The Problem We Saw
Throughout the COVID-19 quarantine, online communication has become more important than ever. With learning, working, and even large scale events moving entirely online, it becomes imperative that our limited forms of communication are as effective as they can possibly be. All the while, public speaking and presenting remains as one of the most common fears and sources of stress for many of us, with more than 75% of people having fear of public speaking. Enter, monolog: a solution for improving presentational speeches - online or off.
How does monolog Work?
With enough practice, anyone can become a public speaking pro. Instead of awkwardly watching yourself in the mirror, monolog improves your learning by watching your tone and speech patterns to make sure you convey the tone you want with the words you want.
Monolog is an app that can be flexibly used to both monitor and practice your speaking. Without social cues like body language, we turned to rely on the other two most influential factors in determining someone's tone: their facial expression, and their speech patterns. By watching your facial cues and monitoring the words you say, monolog will show you your own speaking emotions that you may not have noticed yourself. Monolog makes it easier to identify areas to adjust levels of emphasis and emotion, bringing your speech to life.

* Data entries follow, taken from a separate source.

-- ===== src/Derive/Classify.antt =====
-- The classification of a field by its type, uavcan-derive/src/lib.rs.
use Prim.Native.String.{String}
use text.Mathlib.Text.{◌==◌}
use cyphal_rs.Base.{
  Bool, true, false, Option, none, some, List, [], ◌∷◌, if◌then◌else◌, Result, ok, panic, unwrap,
  ◌>>=◌,
}
use cyphal_rs.Derive.Syn.{Syn, Regex}

pub data UavcanType : Type 0 where
  primitive_type dynamic_array static_array struct : UavcanType

abbrev pub last {ℓ} : {A : Type ℓ} → List A → Option A
last [] = none
last (x ∷ []) = some x
last (x ∷ y ∷ xs) = last (y ∷ xs)

module _ {E : Type 0} where
  -- `||`, when both sides may panic.
  abbrev pub or_else : Result E Bool → Result E Bool → Result E Bool
  or_else first second = do holds ← first; if holds then ok true else second

module _ {E : Type 0} (syn : Syn) (regex : Regex) where
  abbrev pub last_segment : List syn.Segment → Result E syn.Segment
  last_segment segments = unwrap (last segments)

  -- The pattern on the last segment of a path; what is no path has no match.
  abbrev pub path_matches : String → Option (List syn.Segment) → Result E Bool
  path_matches pattern none = ok false
  path_matches pattern (some segments) = do
    re ← unwrap (regex.new pattern)
    segment ← last_segment segments
    ok (re (syn.ident segment))

  unfoldable pub is_bool_primitive_type : syn.Ty → Result E Bool
  is_bool_primitive_type ty = path_matches "bool" (syn.path ty)

  unfoldable pub is_unsigned_primitive_type : syn.Ty → Result E Bool
  is_unsigned_primitive_type ty = path_matches "u([2-9]|[1-5][0-9]|6[0-4])" (syn.path ty)

  unfoldable pub is_signed_primitive_type : syn.Ty → Result E Bool
  is_signed_primitive_type ty = path_matches "i([2-9]|[1-5][0-9]|6[0-4])" (syn.path ty)

  unfoldable pub is_float_primitive_type : syn.Ty → Result E Bool
  is_float_primitive_type ty = path_matches "f(16)|(32)|64" (syn.path ty)

  unfoldable pub is_void_primitive_type : syn.Ty → Result E Bool
  is_void_primitive_type ty = path_matches "void([1-9]|[1-5][0-9]|6[0-4])" (syn.path ty)

  unfoldable pub is_primitive_type : syn.Ty → Result E Bool
  is_primitive_type ty = or_else (is_unsigned_primitive_type ty) (
      or_else (is_signed_primitive_type ty) (
        or_else (is_void_primitive_type ty)
          (or_else (is_float_primitive_type ty) (is_bool_primitive_type ty))))

  unfoldable pub is_static_array : syn.Ty → Result E Bool
  is_static_array ty = ok (syn.is_array ty)

  abbrev pub path_is_dynamic : Option (List syn.Segment) → Result E Bool
  path_is_dynamic none = ok false
  path_is_dynamic (some segments) = do
    segment ← last_segment segments
    ok (syn.ident segment == "Dynamic")

  unfoldable pub is_dynamic_array : syn.Ty → Result E Bool
  is_dynamic_array ty = path_is_dynamic (syn.path ty)

  -- The tests behind that for a primitive type.
  unfoldable pub classify_other : syn.Ty → Result E UavcanType
  classify_other ty = do
    dynamic ← is_dynamic_array ty
    static ← is_static_array ty
    ok (if dynamic then dynamic_array else if static then static_array else struct)

  unfoldable pub classify_type : syn.Ty → Result E UavcanType
  classify_type ty = do
    primitive ← is_primitive_type ty
    if primitive then ok primitive_type else classify_other ty

  -- `types[0]`, behind `AngleBracketed`.
  abbrev pub first_type : Option (List syn.Ty) → Result E (Option syn.Ty)
  first_type none = ok none
  first_type (some []) = panic
  first_type (some (ty ∷ types)) = ok (some ty)

  abbrev pub array_from_path : Option (List syn.Segment) → Result E (Option syn.Ty)
  array_from_path none = ok none
  array_from_path (some segments) = do
    segment ← last_segment segments
    if syn.ident segment == "Dynamic" then first_type (syn.angle_bracketed segment) else ok none

  unfoldable pub array_from_dynamic : syn.Ty → Result E (Option syn.Ty)
  array_from_dynamic ty = array_from_path (syn.path ty)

Monolog also records your speaking speed (in words-per-minute) so you can gauge how fast or slow you come off to others. Being able to view this data in real-time lets you make adjustments as you go, or simply wait for the post-speech stats to review your performance. Taking it a step further, the speech files themselves can be downloaded and reviewed, or exported to Speech-To-Text displays for those that are auditorily impaired during public events.
How monolog is Built
To detect facial emotions, we track the user's face using OpenCV and detect the emotions using a model trained with TensorFlow. For decoding sound into words, we use Google Cloud's Speech-to-Text, which allows us to determine the words-per-minute as well as the text itself from the presenter. Putting the text through natural language processing and combining it with our facial input, we can accurately determine the emotion of the speaker. This is all accessible through a responsive React front-end web-app, all tied together with a Restful API built using Flask.
Setbacks & Lessons Learned
Each of us faced multiple challenges on many fronts, but the most common issues would probably have to do with connecting the parsed data in the front-end web-app. (There's just something about making graphs that just never seems to click on the first or second or third try).
Unfortunately unfinished, we also had the beginnings of a "profile" structure, so users could record and track their speech progressions over time; as users practice more and more, they naturally adjust to their desired tone for whatever best suits their audience. This would have been implemented using an online database system, though we ran into difficulties storing and authenticating data for each user.
Other challenges we faced had to do with how our facial recognition model was trained. It was quite difficult to find genuinely good datasets to train the model with (as nearly all searches of stock photos show overly-exaggerated depictions of emotions).
monolog's Intended Use/Audience
- Students (project, interview prep, overcoming stage fright)
- Keynote Speakers (warm up, adjust tone, adjust speed, speech-to-text for audience)
- Boardroom Meetings (sales pitches, setting tone)
- Preparing Actors
monolog's Future Potential
Although this web-app was a prototype, we feel there are numerous applications for this kind of technology, from helping students prepare for presentations, to assisting keynote speakers before a conference, to helping individuals with stage fright prepare for a speech.
Besides implementing a personalized user experience of monolog, other features could include third-party integrations, integrating live feedback anywhere from Zoom Meeting to Hopin Conference.
With proper development, we believe that monolog has the potential to improve the communication of language speakers everywhere.
We look forward to presenting our hack live to you later and answer any questions you may have!